The Company’s financial instruments that are exposed to concentrations of credit risk primarily consist of its cash and cash equivalents. The Company places its cash and cash equivalents with financial institutions of high credit worthiness. The Company maintains cash balances at financial institutions within the United States which are insured by the Federal Deposit Insurance Corporation (“FDIC”) up to limits of approximately $250,000. The Company has not experienced any losses with regard to its bank accounts and believes it is not exposed to any risk of loss on its cash bank accounts. It is possible that at times, the company’s cash and cash equivalents with a particular financial institution may exceed any applicable government insurance limits.
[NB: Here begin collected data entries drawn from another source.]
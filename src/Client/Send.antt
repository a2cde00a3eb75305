-- ===== src/Client/Send.antt =====
-- The loops of `send_message` in client/main.cpp that hand a line to the socket.
pub mod Whole
use irc_chat.Base.{
  ℕ, zero, suc, Bool, true, false, List, [], ◌∷◌, ◌++◌, Str, length, take, drop, leb, ◌==◌,
  if◌then◌else◌, Exception, runtime_error, out_of_range,
}

-- `MAX_SIZE` of client/config.hpp.
unfoldable pub max_size : ℕ
max_size = 4096

-- What `cli.send` returns: a count, or an error.
pub data SendAnswer : Type 0 where
  sent : ℕ → SendAnswer
  send_failed : SendAnswer

-- The answer to the n-th call, on what is handed over.
abbrev pub Socket : Type 0
Socket = ℕ → Str → SendAnswer

-- `stopped` is the end by `shutdown`.
pub data Ending : Type 0 where
  done stopped : Ending
  faulted : Exception → Ending

-- The bytes that the socket took, the number of the next call, and how the loop ended.
pub record SendRun : Type 0 where
  pub wire : Str
  pub calls : ℕ
  pub ending : Ending

abbrev pub taking : Str → SendRun → SendRun
taking bytes r = record r { wire = bytes ++ r.wire }

-- The answer to a call: the bytes taken, and the rest of the loop on what is left of `to_send`, where
-- `substr` throws if the socket took more than that.
unfoldable pub after_send : Str → Str → ℕ → SendAnswer → (Str → SendRun) → SendRun
after_send s to_send i send_failed next = record {
  wire = [];
  calls = suc i;
  ending = faulted runtime_error;
}
after_send s to_send i (sent n) next =
    if n == 0
    then record { wire = []; calls = suc i; ending = stopped }
    else if leb n (length to_send)
    then taking (take n s) (next (drop n to_send))
    else record { wire = take n s; calls = suc i; ending = faulted out_of_range }

-- The inner loop. Each round hands over all of `s` again. A round that goes on shortens `to_send`, so
-- that one round more than its length is enough.
unfoldable pub send_slice : Socket → ℕ → ℕ → Str → Str → SendRun
unfolding after_send
send_slice k fuel i s [] = record { wire = []; calls = i; ending = done }
send_slice k zero i s (c ∷ to_send) = record { wire = []; calls = i; ending = stopped }
send_slice k (suc fuel) i s (c ∷ to_send) =
    after_send s (c ∷ to_send) i (k i s) (λ left. send_slice k fuel (suc i) s left)

-- What each test `if (!RUN) break` behind a slice reads in `RUN`, which the other thread and the handler
-- of the interrupt may clear meanwhile. A test is named by the number of calls of `send` before it.
abbrev pub Flag : Type 0
Flag = ℕ → Bool

-- `if (!RUN) break`, and the next slice.
unfoldable pub go_on : Bool → SendRun → (ℕ → SendRun) → SendRun
go_on false r next = r
go_on true r next = taking r.wire (next r.calls)

-- On to the next slice, unless the loop has ended. Behind `shutdown` the flag is false.
unfoldable pub and_then : Flag → SendRun → (ℕ → SendRun) → SendRun
unfolding go_on
and_then run r next = elim r.ending [
  | done ↦ go_on (run r.calls) r next
  | stopped ↦ r
  | faulted e ↦ r
]

-- The outer loop over slices of `max_size` bytes.
unfoldable pub send_slices : Flag → Socket → ℕ → ℕ → Str → SendRun
unfolding send_slice and_then
send_slices run k fuel i [] = record { wire = []; calls = i; ending = done }
send_slices run k zero i (c ∷ slice) = record { wire = []; calls = i; ending = stopped }
send_slices run k (suc fuel) i (c ∷ slice) =
    let s = take max_size (c ∷ slice) in
    and_then run (send_slice k (length s) i s s)
      (λ i'. send_slices run k fuel i' (drop (length s) (c ∷ slice)))

unfoldable pub send_line : Flag → Socket → Str → SendRun
unfolding send_slices
send_line run k line = send_slices run k (length line) 0 line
In such situation, the Company’s management would assess the financial strength and credit worthiness of any parties to which it extends funds, and as such, it believes that any associated credit risk exposures would be addressed and mitigated.

 

 

Stock Based Compensation:

Stock Based Compensation:

 

The cost of equity instruments issued to non-employees in return in accordance with ASC 505-50 “Equity-Based Payments to Non-Employees” for goods and services is measured by the fair value of the goods or services received or the measurement date fair value of the equity instruments issued, whichever is the more readily determinable. Measurement date for non-employees is the earlier of performance commitment date or the completion of services. The cost of employee services received in exchange for equity instruments is based on the grant date fair value of the equity instruments issued in accordance with ASC 718 “Compensation - Stock Compensation.”